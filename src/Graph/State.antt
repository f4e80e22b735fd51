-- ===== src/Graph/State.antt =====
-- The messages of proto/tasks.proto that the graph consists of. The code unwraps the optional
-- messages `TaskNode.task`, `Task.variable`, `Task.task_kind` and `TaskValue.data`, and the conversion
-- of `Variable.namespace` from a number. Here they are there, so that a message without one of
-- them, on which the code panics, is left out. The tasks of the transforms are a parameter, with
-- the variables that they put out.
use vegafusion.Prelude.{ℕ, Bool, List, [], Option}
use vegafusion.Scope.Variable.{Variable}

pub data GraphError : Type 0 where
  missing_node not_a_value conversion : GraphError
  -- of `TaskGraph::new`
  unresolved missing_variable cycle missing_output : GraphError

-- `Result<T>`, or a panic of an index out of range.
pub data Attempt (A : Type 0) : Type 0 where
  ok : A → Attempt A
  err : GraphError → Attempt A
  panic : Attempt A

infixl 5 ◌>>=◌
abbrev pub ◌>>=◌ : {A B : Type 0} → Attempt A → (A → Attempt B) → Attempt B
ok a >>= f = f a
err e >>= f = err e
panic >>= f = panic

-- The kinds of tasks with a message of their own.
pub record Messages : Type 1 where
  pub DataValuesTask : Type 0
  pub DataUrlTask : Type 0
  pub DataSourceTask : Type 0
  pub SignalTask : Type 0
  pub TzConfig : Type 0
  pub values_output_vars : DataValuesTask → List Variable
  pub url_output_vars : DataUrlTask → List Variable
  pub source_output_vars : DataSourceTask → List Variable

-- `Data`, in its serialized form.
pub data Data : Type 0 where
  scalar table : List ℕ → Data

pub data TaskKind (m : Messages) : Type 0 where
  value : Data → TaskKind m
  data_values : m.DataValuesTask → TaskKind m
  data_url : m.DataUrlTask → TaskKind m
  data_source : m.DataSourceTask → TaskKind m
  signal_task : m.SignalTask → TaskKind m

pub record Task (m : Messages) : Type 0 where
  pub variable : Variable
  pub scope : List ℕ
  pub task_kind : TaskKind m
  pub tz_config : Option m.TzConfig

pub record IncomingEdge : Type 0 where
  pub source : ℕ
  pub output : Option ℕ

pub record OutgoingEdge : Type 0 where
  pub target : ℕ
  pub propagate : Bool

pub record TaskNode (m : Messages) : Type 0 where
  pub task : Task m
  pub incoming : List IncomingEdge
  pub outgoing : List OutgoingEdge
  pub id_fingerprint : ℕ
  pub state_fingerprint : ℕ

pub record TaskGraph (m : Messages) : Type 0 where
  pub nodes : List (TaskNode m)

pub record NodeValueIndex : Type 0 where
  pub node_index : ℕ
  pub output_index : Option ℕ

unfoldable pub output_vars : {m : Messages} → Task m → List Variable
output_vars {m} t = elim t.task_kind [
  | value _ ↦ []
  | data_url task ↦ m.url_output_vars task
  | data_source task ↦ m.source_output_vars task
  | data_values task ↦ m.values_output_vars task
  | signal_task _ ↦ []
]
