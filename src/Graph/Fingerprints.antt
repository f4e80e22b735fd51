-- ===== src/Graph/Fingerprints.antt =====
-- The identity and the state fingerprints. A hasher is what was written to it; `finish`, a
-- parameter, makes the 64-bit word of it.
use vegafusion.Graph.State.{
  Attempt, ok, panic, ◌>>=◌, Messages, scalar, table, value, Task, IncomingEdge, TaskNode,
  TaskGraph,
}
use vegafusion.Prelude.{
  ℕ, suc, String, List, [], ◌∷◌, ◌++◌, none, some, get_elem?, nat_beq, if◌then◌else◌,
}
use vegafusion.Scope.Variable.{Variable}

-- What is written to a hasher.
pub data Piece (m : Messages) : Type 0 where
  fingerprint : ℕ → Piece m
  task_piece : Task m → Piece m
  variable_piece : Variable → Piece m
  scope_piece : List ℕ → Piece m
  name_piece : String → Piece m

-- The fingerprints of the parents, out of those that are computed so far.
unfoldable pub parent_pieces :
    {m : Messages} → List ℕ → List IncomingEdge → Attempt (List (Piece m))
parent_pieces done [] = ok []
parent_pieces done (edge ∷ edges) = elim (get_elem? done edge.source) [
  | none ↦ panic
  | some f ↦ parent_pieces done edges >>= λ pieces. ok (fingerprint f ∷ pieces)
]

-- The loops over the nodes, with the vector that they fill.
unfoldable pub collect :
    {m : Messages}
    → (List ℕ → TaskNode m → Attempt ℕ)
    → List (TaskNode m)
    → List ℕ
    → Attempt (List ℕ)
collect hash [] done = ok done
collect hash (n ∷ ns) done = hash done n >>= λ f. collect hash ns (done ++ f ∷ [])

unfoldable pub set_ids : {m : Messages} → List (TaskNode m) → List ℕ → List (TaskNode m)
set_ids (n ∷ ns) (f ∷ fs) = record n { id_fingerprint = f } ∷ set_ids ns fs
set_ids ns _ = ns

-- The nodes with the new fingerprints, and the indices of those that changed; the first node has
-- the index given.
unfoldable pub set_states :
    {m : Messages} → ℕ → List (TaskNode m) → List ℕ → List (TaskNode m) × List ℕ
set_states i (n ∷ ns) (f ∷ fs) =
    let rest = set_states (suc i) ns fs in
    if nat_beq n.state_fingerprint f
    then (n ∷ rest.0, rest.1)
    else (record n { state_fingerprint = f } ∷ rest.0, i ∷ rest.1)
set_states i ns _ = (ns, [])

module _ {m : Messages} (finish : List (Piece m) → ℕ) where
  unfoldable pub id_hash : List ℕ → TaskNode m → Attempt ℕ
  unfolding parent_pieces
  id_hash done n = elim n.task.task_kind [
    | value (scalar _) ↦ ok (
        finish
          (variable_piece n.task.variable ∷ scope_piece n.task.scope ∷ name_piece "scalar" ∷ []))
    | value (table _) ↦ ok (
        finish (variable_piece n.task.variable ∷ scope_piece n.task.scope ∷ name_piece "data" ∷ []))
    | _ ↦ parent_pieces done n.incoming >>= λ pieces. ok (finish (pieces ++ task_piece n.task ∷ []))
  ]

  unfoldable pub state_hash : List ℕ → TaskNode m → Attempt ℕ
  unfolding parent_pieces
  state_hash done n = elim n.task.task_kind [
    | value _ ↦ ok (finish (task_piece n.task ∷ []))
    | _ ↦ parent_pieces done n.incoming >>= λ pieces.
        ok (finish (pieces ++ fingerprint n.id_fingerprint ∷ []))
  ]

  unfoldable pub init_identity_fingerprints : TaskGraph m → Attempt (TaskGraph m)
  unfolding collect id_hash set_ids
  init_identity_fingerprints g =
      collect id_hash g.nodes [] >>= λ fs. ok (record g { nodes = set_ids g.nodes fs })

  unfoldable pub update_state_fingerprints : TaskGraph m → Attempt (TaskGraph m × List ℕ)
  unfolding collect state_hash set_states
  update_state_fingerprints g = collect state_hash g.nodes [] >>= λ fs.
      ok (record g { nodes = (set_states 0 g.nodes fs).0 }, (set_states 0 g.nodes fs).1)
============
▶ **What the task asks**: Filter the data above by the word "then" and copy every line that matches.

▶ **Response to the task**:
  ℕ, suc, String, List, [], ◌∷◌, ◌++◌, none, some, get_elem?, nat_beq, if◌then◌else◌,
    then (n ∷ rest.0, rest.1)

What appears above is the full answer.